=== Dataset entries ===
BEGIN

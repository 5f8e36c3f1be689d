-- ===== src/App.antt =====
-- src/main.py, and the `health` endpoint of marcel/api/router.py: the calls that go to the server and
-- to the database's driver, in their order. `outside` says how each call ends.
pub mod Lifespan
mod Tests
use marcel_arch.Prelude.{ℕ, String, Bool, true, false, List, [], ◌∷◌, ◌++◌}
use marcel_arch.Prelude.Result.{Result, ok, err}
use marcel_arch.Prelude.Action.{Action, pure, lift, ◌>>=◌, ◌>>◌}
use marcel_arch.Value.{str, Fields, end, field}
use marcel_arch.Schemas.{HealthResponse}
use marcel_arch.Audit.{AuditSigner, make_signer}
use marcel_arch.Config.{Settings, EngineOptions, engine_options}

-- What `create_app` gives the application and its CORS middleware.
pub record AppOptions : Type 0 where
  pub title : String
  pub version : String
  pub allow_origins : List String
  pub allow_credentials : Bool
  pub allow_methods : List String
  pub allow_headers : List String

unfoldable pub create_app : Settings → AppOptions
create_app settings = record {
  title = settings.app_name;
  version = settings.app_version;
  allow_origins = settings.cors_origins;
  allow_credentials = false;
  allow_methods = "GET" ∷ "POST" ∷ "PUT" ∷ [];
  allow_headers = "Authorization" ∷ "Content-Type" ∷ [];
}

pub record JsonResponse : Type 0 where
  pub status_code : ℕ
  pub content : Fields

-- The answer to an exception, whatever its class and text.
unfoldable pub unhandled_exception_handler : String → String → JsonResponse
unhandled_exception_handler error_type error = record {
  status_code = 500;
  content = field "detail" (str "Internal server error") end;
}

-- `app.state`: the settings, the options of the engine that it and the sessions come from, the
-- server's URL, and the signer of the log. The governor, the engine of policies and the interceptor
-- are made of these.
pub record AppState : Type 0 where
  pub settings : Settings
  pub engine : EngineOptions
  pub redis_url : String
  pub signer : AuditSigner

unfoldable pub app_state : Settings → AuditSigner → AppState
unfolding engine_options
app_state settings signer = record {
  settings = settings;
  engine = engine_options settings;
  redis_url = settings.redis_url;
  signer = signer;
}

pub data Call : Type 0 where
  create_engine : EngineOptions → Call
  from_url : String → Call
  ping : Call
  create_database_schema : Call
  -- the `yield`, while which requests are served
  serving : AppState → Call
  aclose : Call
  dispose : Call
  -- `session.execute(select(1))`
  select_one : Call

module _ (outside : Call → Result (Unit {0})) where
  abbrev pub call : Call → Action (List Call) (Unit {0})
  call c calls = (outside c, calls ++ c ∷ [])

  -- `try: ... finally: ...`: what the last part raises takes the place of what the body ends in.
  abbrev pub last_raise : {A : Type 0} → Result A → Result (Unit {0}) → Result A
  last_raise r (ok done) = r
  last_raise r (err e) = err e

  abbrev pub try_finally :
      {A : Type 0} → Action (List Call) A → Action (List Call) (Unit {0}) → Action (List Call) A
  try_finally body last calls =
      let (r, between) = body calls in let (q, after) = last between in (last_raise r q, after)

  unfoldable pub close : Action (List Call) (Unit {0})
  close = call aclose >> call dispose

  unfoldable pub lifespan : Settings → Action (List Call) (Unit {0})
  unfolding close app_state engine_options make_signer
  lifespan settings = do
    call (create_engine (engine_options settings))
    call (from_url settings.redis_url)
    call ping
    call create_database_schema
    signer ← lift (make_signer settings.audit_hmac_key)
    try_finally (call (serving (app_state settings signer))) close

  unfoldable pub health : Action (List Call) HealthResponse
  health = do
    call ping
    call select_one
    pure (record { status = "ok"; database = "ok"; redis = "ok" })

END

=== What to work on ===
Please reproduce exactly the lines above, beginning with the first and ending with the line that contains "unfolding engine_options", and include nothing outside that range.

=== Answer area ===
repository 5f8e36c3f1be689d
-- ===== src/App.antt =====
-- src/main.py, and the `health` endpoint of marcel/api/router.py: the calls that go to the server and
-- to the database's driver, in their order. `outside` says how each call ends.
pub mod Lifespan
mod Tests
use marcel_arch.Prelude.{ℕ, String, Bool, true, false, List, [], ◌∷◌, ◌++◌}
use marcel_arch.Prelude.Result.{Result, ok, err}
use marcel_arch.Prelude.Action.{Action, pure, lift, ◌>>=◌, ◌>>◌}
use marcel_arch.Value.{str, Fields, end, field}
use marcel_arch.Schemas.{HealthResponse}
use marcel_arch.Audit.{AuditSigner, make_signer}
use marcel_arch.Config.{Settings, EngineOptions, engine_options}

-- What `create_app` gives the application and its CORS middleware.
pub record AppOptions : Type 0 where
  pub title : String
  pub version : String
  pub allow_origins : List String
  pub allow_credentials : Bool
  pub allow_methods : List String
  pub allow_headers : List String

unfoldable pub create_app : Settings → AppOptions
create_app settings = record {
  title = settings.app_name;
  version = settings.app_version;
  allow_origins = settings.cors_origins;
  allow_credentials = false;
  allow_methods = "GET" ∷ "POST" ∷ "PUT" ∷ [];
  allow_headers = "Authorization" ∷ "Content-Type" ∷ [];
}

pub record JsonResponse : Type 0 where
  pub status_code : ℕ
  pub content : Fields

-- The answer to an exception, whatever its class and text.
unfoldable pub unhandled_exception_handler : String → String → JsonResponse
unhandled_exception_handler error_type error = record {
  status_code = 500;
  content = field "detail" (str "Internal server error") end;
}

-- `app.state`: the settings, the options of the engine that it and the sessions come from, the
-- server's URL, and the signer of the log. The governor, the engine of policies and the interceptor
-- are made of these.
pub record AppState : Type 0 where
  pub settings : Settings
  pub engine : EngineOptions
  pub redis_url : String
  pub signer : AuditSigner

unfoldable pub app_state : Settings → AuditSigner → AppState
unfolding engine_options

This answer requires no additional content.